» TASK BRIEF
Reproduce the records exactly, beginning with their first line and ending with the line that contains "mod TypeNames", and output nothing more.

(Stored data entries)
* * *

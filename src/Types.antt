-- ===== src/Types.antt =====
-- lib/type.c, lib/type.h: the types of varlink, read from an interface description.
--
-- Allocation succeeds. A NULL `type` of a field, in an enumeration, is a `bare_field`. The tree
-- `fields_sorted` keeps the names only. The recursion runs on fuel, the length of the text and one
-- more at the start.
pub mod Print
mod Tokens
mod Words
mod Unique
mod Printable
mod TypeNames
mod Kinds
mod Rounds
mod Loop
pub mod RoundTrip
pub mod Remaining
pub mod Ending
pub mod Total
pub mod OneLine
mod Tests
use libvarlink.Prelude.{
  ℕ, zero, suc, ◌+◌, List, [], ◌∷◌, Bool, true, false, not, ◌&&◌, Option, none, some, Result, ok,
  err, ◌==◌, if◌then◌else◌, length,
}
use libvarlink.KeyOrder.{string_order}
use libvarlink.Error.{VarlinkError, panic, invalid_type}
use libvarlink.Avl.{AvlError, key_exists, AvlTree, avl_tree_new, avl_tree_insert}
use libvarlink.Scanner.{
  Scanner, ScannerError, duplicate_field_name, type_expected, text, scanner_new, scanner_error,
  scanner_peek, scanner_read_keyword, scanner_expect_operator,
}
use libvarlink.Scanner.Names.{scanner_expect_field_name, scanner_expect_type_name}
use libvarlink.Scanner.Docs.{
  Docstring, no_docstring, docstring, out_of_bounds, scanner_get_last_docstring,
}

mutual
  -- `struct VarlinkType`, by its kind.
  pub data VarlinkType : Type 0 where
    bool_type int_type float_type string_type foreign_object : VarlinkType
    array_type map_type maybe_type : VarlinkType → VarlinkType
    alias_type : List ℕ → VarlinkType
    enum_type object_type : Fields → VarlinkType

  -- `VarlinkTypeField`s: the name, the description, the type.
  pub data Fields : Type 0 where
    no_fields : Fields
    bare_field : List ℕ → Option (List ℕ) → Fields → Fields
    typed_field : List ℕ → Option (List ℕ) → VarlinkType → Fields → Fields

-- How a call ends: with a value, an error, a read behind the text, or out of fuel.
pub data Outcome {ℓ} (A : Type ℓ) : Type ℓ where
  done : A → Outcome A
  failed : VarlinkError → Outcome A
  overread : Outcome A
  out_of_fuel : Outcome A

abbrev pub Run {ℓ} : Type ℓ → Type ℓ
Run A = Scanner × Outcome A

infixl 5 ◌>>=◌
abbrev pub ◌>>=◌ {ℓ κ} : {A : Type ℓ} {B : Type κ} → Run A → (Scanner × A → Run B) → Run B
(s, done a) >>= f = f (s, a)
(s, failed e) >>= f = (s, failed e)
(s, overread) >>= f = (s, overread)
(s, out_of_fuel) >>= f = (s, out_of_fuel)

abbrev pub run {ℓ} : {A : Type ℓ} → Scanner × Result VarlinkError A → Run A
run (s, ok a) = (s, done a)
run (s, err e) = (s, failed e)

-- `if (call < 0) return -VARLINK_ERROR_INVALID_TYPE;`
abbrev pub or_invalid {ℓ} : {A : Type ℓ} → Scanner × Result VarlinkError A → Run A
or_invalid (s, ok a) = (s, done a)
or_invalid (s, err e) = (s, failed invalid_type)

abbrev pub expect_docstring : Scanner × Docstring → Run (Option (List ℕ))
expect_docstring (s, no_docstring) = (s, done none)
expect_docstring (s, docstring d) = (s, done (some d))
expect_docstring (s, out_of_bounds) = (s, overread)

abbrev pub type_keywords : List (List ℕ × VarlinkType)
type_keywords =
    (b'b' ∷ b'o' ∷ b'o' ∷ b'l' ∷ [], bool_type)
    ∷ (b'i' ∷ b'n' ∷ b't' ∷ [], int_type)
    ∷ (b'f' ∷ b'l' ∷ b'o' ∷ b'a' ∷ b't' ∷ [], float_type)
    ∷ (b's' ∷ b't' ∷ b'r' ∷ b'i' ∷ b'n' ∷ b'g' ∷ [], string_type)
    ∷ (b'o' ∷ b'b' ∷ b'j' ∷ b'e' ∷ b'c' ∷ b't' ∷ [], foreign_object)
    ∷ []

abbrev pub string_keyword : List ℕ
string_keyword = b's' ∷ b't' ∷ b'r' ∷ b'i' ∷ b'n' ∷ b'g' ∷ []

-- The first keyword of a table that stands in the text, tried in turn.
unfoldable pub read_keyword_type :
    Scanner → List (List ℕ × VarlinkType) → Scanner × Option VarlinkType
read_keyword_type s [] = (s, none)
read_keyword_type s ((keyword, t) ∷ more) =
    let (u, found) = scanner_read_keyword s keyword in
    let rest = read_keyword_type u more in if found then (u, some t) else rest

-- A type name that is not there is reported as a type expected, where no other error was.
abbrev pub alias_or_error : Scanner × Result VarlinkError (List ℕ) → Run VarlinkType
alias_or_error (s, ok name) = (s, done (alias_type name))
alias_or_error (s, err e) = (scanner_error s type_expected, failed e)

unfoldable pub read_alias : Scanner → Run VarlinkType
read_alias s = alias_or_error (scanner_expect_type_name s)

-- "Do not nest maybes"
abbrev pub check_maybe : VarlinkType → Outcome VarlinkType
check_maybe (maybe_type t) = failed invalid_type
check_maybe t = done (maybe_type t)

-- `avl_tree_insert (type->fields_sorted, field->name, field)` with its errors
abbrev pub name_key : List ℕ → List ℕ
name_key name = name

abbrev pub inserted : Scanner → Result AvlError (AvlTree (List ℕ)) → Run (AvlTree (List ℕ))
inserted s (ok tree) = (s, done tree)
inserted s (err key_exists) = (scanner_error s duplicate_field_name, failed invalid_type)
inserted s (err _) = (s, failed panic)

unfoldable pub insert_name : Scanner → AvlTree (List ℕ) → List ℕ → Run (AvlTree (List ℕ))
insert_name s tree name = inserted s (avl_tree_insert name_key tree name name)

-- A comma in front of every field but the first.
unfoldable pub expect_comma : Bool → Scanner → Run (Unit {0})
expect_comma first s =
    if first then (s, done tt) else or_invalid (scanner_expect_operator s (b',' ∷ []))

-- The kind of the type after the name of a field: the first one decides.
unfoldable pub decide_kind : Bool → Bool → Scanner → Scanner × Bool
decide_kind first enum s =
    let (t, c) = scanner_peek s in if first then (t, not (c == b':')) else (s, enum)

abbrev pub object_or_enum : Bool → Fields → VarlinkType
object_or_enum true fields = enum_type fields
object_or_enum false fields = object_type fields

-- The branches of `varlink_type_new_from_scanner`; the recursive calls are arguments.
unfoldable pub read_bracket : (Scanner → Run VarlinkType) → Scanner → Run VarlinkType
read_bracket read s = do
  (s, _) ← or_invalid (scanner_expect_operator s (b'[' ∷ []))
  let (s, is_map) = scanner_read_keyword s string_keyword
  (s, _) ← or_invalid (scanner_expect_operator s (b']' ∷ []))
  (s, element) ← read s
  (s, done (if is_map then map_type element else array_type element))

unfoldable pub read_maybe : (Scanner → Run VarlinkType) → Scanner → Run VarlinkType
read_maybe read s = do
  (s, _) ← or_invalid (scanner_expect_operator s (b'?' ∷ []))
  (s, element) ← read s
  (s, check_maybe element)

unfoldable pub read_object : (Scanner → Run (Bool × Fields)) → Scanner → Run VarlinkType
read_object read s = do
  (s, _) ← or_invalid (scanner_expect_operator s (b'(' ∷ []))
  (s, kind) ← read s
  (s, _) ← or_invalid (scanner_expect_operator s (b')' ∷ []))
  (s, done (object_or_enum kind.0 kind.1))

-- A keyword, or else, by the byte that was peeked at, an object or an alias.
abbrev pub keyword_or : (Scanner → Run VarlinkType) → Scanner × Option VarlinkType → Run VarlinkType
keyword_or read (s, some t) = (s, done t)
keyword_or read (s, none) = read s

unfoldable pub read_word : (Scanner → Run (Bool × Fields)) → ℕ → Scanner → Run VarlinkType
read_word read c s = if c == b'(' then read_object read s else read_alias s

unfoldable pub read_type :
    (Scanner → Run VarlinkType) → (Scanner → Run (Bool × Fields)) → Scanner × ℕ → Run VarlinkType
read_type read fields (s, c) =
    if c == b'['
    then read_bracket read s
    else if c == b'?'
    then read_maybe read s
    else keyword_or (read_word fields c) (read_keyword_type s type_keywords)

-- The end of a round of the loop over the fields, behind the name, by the kind of the type.
unfoldable pub finish_field :
    (Scanner → Run VarlinkType)
    → (Bool → AvlTree (List ℕ) → Scanner → Run (Bool × Fields))
    → AvlTree (List ℕ)
    → List ℕ
    → Option (List ℕ)
    → Scanner × Bool
    → Run (Bool × Fields)
finish_field read more tree name description (s, true) = do
  (s, tree) ← insert_name s tree name
  (s, rest) ← more true tree s
  (s, done (rest.0, bare_field name description rest.1))
finish_field read more tree name description (s, false) = do
  (s, _) ← or_invalid (scanner_expect_operator s (b':' ∷ []))
  (s, type) ← read s
  (s, tree) ← insert_name s tree name
  (s, rest) ← more false tree s
  (s, done (rest.0, typed_field name description type rest.1))

unfoldable pub read_field :
    (Scanner → Run VarlinkType)
    → (Bool → AvlTree (List ℕ) → Scanner → Run (Bool × Fields))
    → Bool
    → Bool
    → AvlTree (List ℕ)
    → Scanner
    → Run (Bool × Fields)
read_field read more first enum tree s = do
  (s, _) ← expect_comma first s
  (s, description) ← expect_docstring (scanner_get_last_docstring s)
  (s, name) ← run (scanner_expect_field_name s)
  finish_field read more tree name description (decide_kind first enum s)

-- A round of the loop: the closing bracket ends it.
abbrev pub unless_closed :
    (Scanner → Run (Bool × Fields)) → Bool → Scanner × ℕ → Run (Bool × Fields)
unless_closed read enum (s, c) = if c == b')' then (s, done (enum, no_fields)) else read s

unfoldable mutual
  pub varlink_type_new_from_scanner : ℕ → Scanner → Run VarlinkType
  varlink_type_new_from_scanner zero s = (s, out_of_fuel)
  varlink_type_new_from_scanner (suc fuel) s =
      read_type (λ t. varlink_type_new_from_scanner fuel t)
        (λ t. read_fields fuel true false avl_tree_new t) (scanner_peek s)

  -- The loop over the fields: is this the first one, is the type an enumeration, the names so far.
  pub read_fields : ℕ → Bool → Bool → AvlTree (List ℕ) → Scanner → Run (Bool × Fields)
  read_fields zero first enum tree s = (s, out_of_fuel)
  read_fields (suc fuel) first enum tree s =
      unless_closed
        (read_field (λ t. varlink_type_new_from_scanner fuel t)
          (λ e u t. read_fields fuel false e u t) first enum tree)
        enum (scanner_peek s)

-- Nothing may stand behind the type.
abbrev pub at_end : Scanner × VarlinkType → Run VarlinkType
at_end (s, t) =
    let (s, c) = scanner_peek s in if not (c == 0) then (s, failed invalid_type) else (s, done t)

unfoldable pub varlink_type_new : List ℕ → Run VarlinkType
varlink_type_new typestring =
    varlink_type_new_from_scanner (length typestring + 1) (scanner_new typestring true) >>= at_end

* * *

» FINISHED TASK
filename src/Types.antt
-- ===== src/Types.antt =====
-- lib/type.c, lib/type.h: the types of varlink, read from an interface description.
--
-- Allocation succeeds. A NULL `type` of a field, in an enumeration, is a `bare_field`. The tree
-- `fields_sorted` keeps the names only. The recursion runs on fuel, the length of the text and one
-- more at the start.
pub mod Print
mod Tokens
mod Words
mod Unique
mod Printable
mod TypeNames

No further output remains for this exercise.